Brief:
Everything in the data below is left aside except the lines from the one containing "name_len = u8 (length" through the one containing "unfoldable pub last_entry"; repeat those exactly.

Dataset extract:

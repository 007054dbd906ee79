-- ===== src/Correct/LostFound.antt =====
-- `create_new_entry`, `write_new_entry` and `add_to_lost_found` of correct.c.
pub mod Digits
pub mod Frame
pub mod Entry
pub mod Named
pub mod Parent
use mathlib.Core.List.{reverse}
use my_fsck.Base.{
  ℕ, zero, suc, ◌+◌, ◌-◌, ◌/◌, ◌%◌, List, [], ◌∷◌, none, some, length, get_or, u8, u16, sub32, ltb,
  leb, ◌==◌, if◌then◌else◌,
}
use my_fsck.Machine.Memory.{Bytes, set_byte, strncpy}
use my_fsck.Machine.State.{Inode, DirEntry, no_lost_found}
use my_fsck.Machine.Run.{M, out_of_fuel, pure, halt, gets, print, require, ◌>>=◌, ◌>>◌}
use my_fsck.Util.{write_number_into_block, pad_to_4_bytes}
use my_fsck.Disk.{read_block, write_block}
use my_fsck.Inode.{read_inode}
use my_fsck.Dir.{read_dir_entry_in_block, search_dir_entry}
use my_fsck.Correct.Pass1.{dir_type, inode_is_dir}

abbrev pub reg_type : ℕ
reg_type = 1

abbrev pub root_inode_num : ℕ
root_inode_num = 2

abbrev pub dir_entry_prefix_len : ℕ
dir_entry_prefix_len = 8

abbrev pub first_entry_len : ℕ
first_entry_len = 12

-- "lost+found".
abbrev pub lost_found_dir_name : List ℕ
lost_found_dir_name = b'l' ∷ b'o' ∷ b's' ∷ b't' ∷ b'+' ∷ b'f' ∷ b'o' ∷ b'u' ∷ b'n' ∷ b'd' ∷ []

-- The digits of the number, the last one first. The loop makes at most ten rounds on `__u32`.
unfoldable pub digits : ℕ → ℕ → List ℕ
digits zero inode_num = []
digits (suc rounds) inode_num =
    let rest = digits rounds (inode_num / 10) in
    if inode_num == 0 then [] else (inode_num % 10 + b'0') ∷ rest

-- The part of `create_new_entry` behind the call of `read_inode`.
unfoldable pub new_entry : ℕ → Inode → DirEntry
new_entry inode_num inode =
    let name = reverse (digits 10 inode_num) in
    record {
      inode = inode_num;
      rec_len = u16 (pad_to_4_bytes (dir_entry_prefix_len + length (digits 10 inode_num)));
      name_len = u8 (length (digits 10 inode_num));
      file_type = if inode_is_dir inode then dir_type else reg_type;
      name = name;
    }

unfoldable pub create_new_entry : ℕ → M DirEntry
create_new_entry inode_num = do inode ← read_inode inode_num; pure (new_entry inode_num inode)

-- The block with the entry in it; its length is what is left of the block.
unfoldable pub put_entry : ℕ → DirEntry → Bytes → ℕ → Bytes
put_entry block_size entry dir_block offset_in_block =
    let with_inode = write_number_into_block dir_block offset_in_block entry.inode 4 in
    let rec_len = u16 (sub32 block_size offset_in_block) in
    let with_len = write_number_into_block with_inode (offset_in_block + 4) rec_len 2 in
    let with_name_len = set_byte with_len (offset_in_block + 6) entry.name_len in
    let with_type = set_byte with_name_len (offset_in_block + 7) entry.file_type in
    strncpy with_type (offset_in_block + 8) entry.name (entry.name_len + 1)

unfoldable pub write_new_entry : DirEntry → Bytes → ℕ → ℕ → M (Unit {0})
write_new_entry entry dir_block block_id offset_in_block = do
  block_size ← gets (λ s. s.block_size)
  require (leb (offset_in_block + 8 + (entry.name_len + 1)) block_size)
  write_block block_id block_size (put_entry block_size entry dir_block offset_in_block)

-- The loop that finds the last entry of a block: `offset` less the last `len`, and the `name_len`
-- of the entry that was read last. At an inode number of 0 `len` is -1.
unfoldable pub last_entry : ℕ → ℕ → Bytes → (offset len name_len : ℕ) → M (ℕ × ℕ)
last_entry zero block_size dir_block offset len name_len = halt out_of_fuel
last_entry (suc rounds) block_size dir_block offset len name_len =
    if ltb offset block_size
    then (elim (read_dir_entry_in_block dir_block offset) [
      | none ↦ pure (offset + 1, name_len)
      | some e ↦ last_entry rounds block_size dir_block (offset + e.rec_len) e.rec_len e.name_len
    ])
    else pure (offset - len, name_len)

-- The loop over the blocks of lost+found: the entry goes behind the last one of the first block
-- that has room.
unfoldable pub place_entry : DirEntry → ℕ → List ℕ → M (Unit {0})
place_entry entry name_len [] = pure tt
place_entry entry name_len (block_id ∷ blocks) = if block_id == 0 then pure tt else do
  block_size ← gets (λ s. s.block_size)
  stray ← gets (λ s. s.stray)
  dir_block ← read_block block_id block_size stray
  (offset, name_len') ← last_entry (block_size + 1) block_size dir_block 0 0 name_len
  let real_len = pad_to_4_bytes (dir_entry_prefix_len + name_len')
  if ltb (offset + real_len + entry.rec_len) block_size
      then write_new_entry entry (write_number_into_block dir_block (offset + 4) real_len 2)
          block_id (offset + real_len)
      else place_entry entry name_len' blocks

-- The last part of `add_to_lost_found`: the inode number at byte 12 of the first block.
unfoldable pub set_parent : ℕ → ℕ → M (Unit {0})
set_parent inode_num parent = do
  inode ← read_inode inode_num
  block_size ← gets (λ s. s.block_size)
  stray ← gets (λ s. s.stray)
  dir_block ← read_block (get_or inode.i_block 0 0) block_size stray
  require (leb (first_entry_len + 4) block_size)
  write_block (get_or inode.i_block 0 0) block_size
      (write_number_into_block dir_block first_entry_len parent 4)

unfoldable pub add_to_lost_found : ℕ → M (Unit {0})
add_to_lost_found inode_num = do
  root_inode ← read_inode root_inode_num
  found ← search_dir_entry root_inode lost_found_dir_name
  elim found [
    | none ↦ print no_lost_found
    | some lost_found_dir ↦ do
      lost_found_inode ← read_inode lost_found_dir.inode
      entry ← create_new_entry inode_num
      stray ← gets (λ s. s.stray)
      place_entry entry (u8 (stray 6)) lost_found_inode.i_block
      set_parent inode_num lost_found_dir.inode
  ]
---
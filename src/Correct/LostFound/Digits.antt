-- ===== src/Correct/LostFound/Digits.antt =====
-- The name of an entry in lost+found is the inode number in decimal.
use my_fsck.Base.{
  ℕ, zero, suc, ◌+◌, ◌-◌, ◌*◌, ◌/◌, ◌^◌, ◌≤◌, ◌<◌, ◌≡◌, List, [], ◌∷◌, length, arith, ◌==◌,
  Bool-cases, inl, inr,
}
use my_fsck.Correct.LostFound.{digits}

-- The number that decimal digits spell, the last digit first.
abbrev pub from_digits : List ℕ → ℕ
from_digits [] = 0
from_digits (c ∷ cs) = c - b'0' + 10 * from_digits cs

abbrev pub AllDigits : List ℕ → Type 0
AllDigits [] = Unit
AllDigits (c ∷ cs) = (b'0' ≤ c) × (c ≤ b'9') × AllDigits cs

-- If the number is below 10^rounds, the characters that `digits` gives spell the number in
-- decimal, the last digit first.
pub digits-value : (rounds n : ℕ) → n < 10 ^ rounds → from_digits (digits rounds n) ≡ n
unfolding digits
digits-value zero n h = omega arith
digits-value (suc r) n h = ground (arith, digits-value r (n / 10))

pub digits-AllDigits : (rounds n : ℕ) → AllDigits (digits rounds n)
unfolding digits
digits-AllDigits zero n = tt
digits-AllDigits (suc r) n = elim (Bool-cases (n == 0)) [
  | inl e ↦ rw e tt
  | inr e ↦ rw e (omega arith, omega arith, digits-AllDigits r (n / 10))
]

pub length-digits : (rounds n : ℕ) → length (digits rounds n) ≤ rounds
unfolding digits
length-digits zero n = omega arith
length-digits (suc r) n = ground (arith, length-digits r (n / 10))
...
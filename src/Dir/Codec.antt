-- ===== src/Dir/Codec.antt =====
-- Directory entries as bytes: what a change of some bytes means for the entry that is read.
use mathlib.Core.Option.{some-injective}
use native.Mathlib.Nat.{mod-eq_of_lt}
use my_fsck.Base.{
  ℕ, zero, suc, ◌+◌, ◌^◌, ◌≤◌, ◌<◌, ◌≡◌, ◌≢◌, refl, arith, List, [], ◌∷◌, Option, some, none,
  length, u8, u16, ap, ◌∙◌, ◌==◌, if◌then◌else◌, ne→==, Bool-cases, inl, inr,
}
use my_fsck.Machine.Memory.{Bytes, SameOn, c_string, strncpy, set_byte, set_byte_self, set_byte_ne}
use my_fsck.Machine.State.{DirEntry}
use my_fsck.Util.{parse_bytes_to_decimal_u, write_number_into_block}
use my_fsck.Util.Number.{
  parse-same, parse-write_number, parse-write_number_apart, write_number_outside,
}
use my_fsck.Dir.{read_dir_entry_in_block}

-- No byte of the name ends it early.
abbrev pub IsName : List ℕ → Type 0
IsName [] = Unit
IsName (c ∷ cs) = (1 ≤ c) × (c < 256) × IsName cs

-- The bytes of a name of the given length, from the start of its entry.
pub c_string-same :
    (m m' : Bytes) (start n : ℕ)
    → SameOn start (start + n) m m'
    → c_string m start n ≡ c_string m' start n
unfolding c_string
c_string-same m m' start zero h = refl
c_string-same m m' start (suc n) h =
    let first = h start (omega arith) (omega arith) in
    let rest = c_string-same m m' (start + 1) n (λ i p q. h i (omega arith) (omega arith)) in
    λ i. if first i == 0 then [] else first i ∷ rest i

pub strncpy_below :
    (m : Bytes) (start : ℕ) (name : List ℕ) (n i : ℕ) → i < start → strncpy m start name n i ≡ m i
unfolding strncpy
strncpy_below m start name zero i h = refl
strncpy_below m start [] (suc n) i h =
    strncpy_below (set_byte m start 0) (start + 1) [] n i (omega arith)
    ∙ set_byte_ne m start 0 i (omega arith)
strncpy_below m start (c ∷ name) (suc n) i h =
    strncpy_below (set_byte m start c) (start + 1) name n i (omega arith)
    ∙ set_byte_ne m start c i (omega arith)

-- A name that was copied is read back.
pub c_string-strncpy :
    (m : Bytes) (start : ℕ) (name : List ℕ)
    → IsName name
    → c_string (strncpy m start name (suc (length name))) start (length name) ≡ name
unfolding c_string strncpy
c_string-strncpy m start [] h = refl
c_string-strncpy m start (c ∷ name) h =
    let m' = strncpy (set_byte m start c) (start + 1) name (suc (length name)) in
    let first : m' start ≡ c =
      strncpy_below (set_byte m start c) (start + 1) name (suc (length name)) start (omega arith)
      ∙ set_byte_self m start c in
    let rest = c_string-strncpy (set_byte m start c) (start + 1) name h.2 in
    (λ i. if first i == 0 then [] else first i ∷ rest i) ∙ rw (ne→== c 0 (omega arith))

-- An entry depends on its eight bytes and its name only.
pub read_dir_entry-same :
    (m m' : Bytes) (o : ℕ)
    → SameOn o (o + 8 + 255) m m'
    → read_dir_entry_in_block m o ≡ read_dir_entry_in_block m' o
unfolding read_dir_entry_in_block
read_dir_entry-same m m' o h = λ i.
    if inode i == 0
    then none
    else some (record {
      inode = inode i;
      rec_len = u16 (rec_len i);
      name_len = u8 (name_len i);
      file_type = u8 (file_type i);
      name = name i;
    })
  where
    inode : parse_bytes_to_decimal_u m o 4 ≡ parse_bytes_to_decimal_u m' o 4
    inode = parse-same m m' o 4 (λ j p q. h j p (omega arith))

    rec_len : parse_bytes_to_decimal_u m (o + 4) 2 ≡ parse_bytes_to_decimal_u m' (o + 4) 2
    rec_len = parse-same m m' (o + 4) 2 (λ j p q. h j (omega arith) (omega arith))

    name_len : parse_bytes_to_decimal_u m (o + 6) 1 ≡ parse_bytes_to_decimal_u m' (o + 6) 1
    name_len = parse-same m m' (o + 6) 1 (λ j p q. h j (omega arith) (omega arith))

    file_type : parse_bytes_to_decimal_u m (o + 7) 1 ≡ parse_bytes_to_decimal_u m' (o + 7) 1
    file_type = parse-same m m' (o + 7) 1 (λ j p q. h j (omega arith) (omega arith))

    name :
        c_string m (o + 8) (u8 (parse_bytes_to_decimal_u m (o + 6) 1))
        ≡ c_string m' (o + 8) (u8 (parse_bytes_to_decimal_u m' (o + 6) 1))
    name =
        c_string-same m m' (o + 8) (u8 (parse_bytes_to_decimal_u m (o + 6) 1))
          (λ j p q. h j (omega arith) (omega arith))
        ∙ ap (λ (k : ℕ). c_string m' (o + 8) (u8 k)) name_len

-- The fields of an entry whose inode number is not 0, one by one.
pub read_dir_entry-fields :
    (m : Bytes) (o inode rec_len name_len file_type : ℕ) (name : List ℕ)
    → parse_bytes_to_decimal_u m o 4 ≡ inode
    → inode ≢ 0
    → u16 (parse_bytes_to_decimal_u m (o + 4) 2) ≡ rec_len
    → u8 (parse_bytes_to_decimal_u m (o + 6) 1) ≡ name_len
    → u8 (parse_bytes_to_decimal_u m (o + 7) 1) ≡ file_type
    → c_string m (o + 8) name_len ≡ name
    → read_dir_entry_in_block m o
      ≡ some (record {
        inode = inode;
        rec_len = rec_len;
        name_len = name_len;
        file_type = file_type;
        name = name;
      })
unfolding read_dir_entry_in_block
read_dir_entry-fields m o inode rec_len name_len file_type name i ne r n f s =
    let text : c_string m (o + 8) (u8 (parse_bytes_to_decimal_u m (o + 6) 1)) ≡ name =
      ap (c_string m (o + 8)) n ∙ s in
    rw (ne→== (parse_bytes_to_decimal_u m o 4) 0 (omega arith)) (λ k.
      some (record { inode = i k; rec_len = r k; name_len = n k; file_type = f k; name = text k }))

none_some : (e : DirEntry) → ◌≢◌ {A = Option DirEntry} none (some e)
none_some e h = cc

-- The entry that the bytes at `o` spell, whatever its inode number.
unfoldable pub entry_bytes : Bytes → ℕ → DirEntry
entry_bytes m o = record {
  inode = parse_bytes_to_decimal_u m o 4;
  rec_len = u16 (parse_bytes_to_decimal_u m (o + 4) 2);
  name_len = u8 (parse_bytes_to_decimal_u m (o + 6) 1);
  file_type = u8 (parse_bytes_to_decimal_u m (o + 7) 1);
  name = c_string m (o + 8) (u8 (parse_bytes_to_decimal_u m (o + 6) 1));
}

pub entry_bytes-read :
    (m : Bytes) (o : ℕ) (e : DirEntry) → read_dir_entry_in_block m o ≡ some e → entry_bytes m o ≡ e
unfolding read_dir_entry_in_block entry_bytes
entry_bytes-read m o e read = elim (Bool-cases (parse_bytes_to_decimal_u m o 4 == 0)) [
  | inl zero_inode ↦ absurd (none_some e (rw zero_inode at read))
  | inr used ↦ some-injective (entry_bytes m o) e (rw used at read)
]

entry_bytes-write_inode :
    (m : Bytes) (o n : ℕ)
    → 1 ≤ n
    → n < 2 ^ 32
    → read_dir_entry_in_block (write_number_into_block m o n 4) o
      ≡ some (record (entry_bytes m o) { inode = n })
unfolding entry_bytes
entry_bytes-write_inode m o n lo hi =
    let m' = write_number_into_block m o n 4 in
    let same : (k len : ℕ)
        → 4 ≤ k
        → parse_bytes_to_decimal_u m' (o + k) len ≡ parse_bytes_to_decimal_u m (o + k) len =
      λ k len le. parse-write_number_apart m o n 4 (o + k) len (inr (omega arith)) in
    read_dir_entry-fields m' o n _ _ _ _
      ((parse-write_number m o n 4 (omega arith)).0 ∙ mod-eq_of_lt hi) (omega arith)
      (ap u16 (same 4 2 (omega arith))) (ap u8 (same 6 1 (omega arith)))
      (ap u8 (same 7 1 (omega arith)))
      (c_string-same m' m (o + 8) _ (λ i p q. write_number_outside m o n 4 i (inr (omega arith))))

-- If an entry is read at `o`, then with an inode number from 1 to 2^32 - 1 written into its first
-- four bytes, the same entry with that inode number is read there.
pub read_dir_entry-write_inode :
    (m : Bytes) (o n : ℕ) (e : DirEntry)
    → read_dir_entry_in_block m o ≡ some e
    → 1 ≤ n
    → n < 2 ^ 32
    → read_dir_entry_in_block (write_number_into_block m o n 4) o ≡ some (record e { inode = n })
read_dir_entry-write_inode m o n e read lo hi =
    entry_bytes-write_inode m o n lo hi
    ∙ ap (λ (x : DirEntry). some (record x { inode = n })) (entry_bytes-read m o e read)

Output:
      name_len = u8 (length (digits 10 inode_num));
      file_type = if inode_is_dir inode then dir_type else reg_type;
      name = name;
    }

unfoldable pub create_new_entry : ℕ → M DirEntry
create_new_entry inode_num = do inode ← read_inode inode_num; pure (new_entry inode_num inode)

-- The block with the entry in it; its length is what is left of the block.
unfoldable pub put_entry : ℕ → DirEntry → Bytes → ℕ → Bytes
put_entry block_size entry dir_block offset_in_block =
    let with_inode = write_number_into_block dir_block offset_in_block entry.inode 4 in
    let rec_len = u16 (sub32 block_size offset_in_block) in
    let with_len = write_number_into_block with_inode (offset_in_block + 4) rec_len 2 in
    let with_name_len = set_byte with_len (offset_in_block + 6) entry.name_len in
    let with_type = set_byte with_name_len (offset_in_block + 7) entry.file_type in
    strncpy with_type (offset_in_block + 8) entry.name (entry.name_len + 1)

unfoldable pub write_new_entry : DirEntry → Bytes → ℕ → ℕ → M (Unit {0})
write_new_entry entry dir_block block_id offset_in_block = do
  block_size ← gets (λ s. s.block_size)
  require (leb (offset_in_block + 8 + (entry.name_len + 1)) block_size)
  write_block block_id block_size (put_entry block_size entry dir_block offset_in_block)

-- The loop that finds the last entry of a block: `offset` less the last `len`, and the `name_len`
-- of the entry that was read last. At an inode number of 0 `len` is -1.
unfoldable pub last_entry : ℕ → ℕ → Bytes → (offset len name_len : ℕ) → M (ℕ × ℕ)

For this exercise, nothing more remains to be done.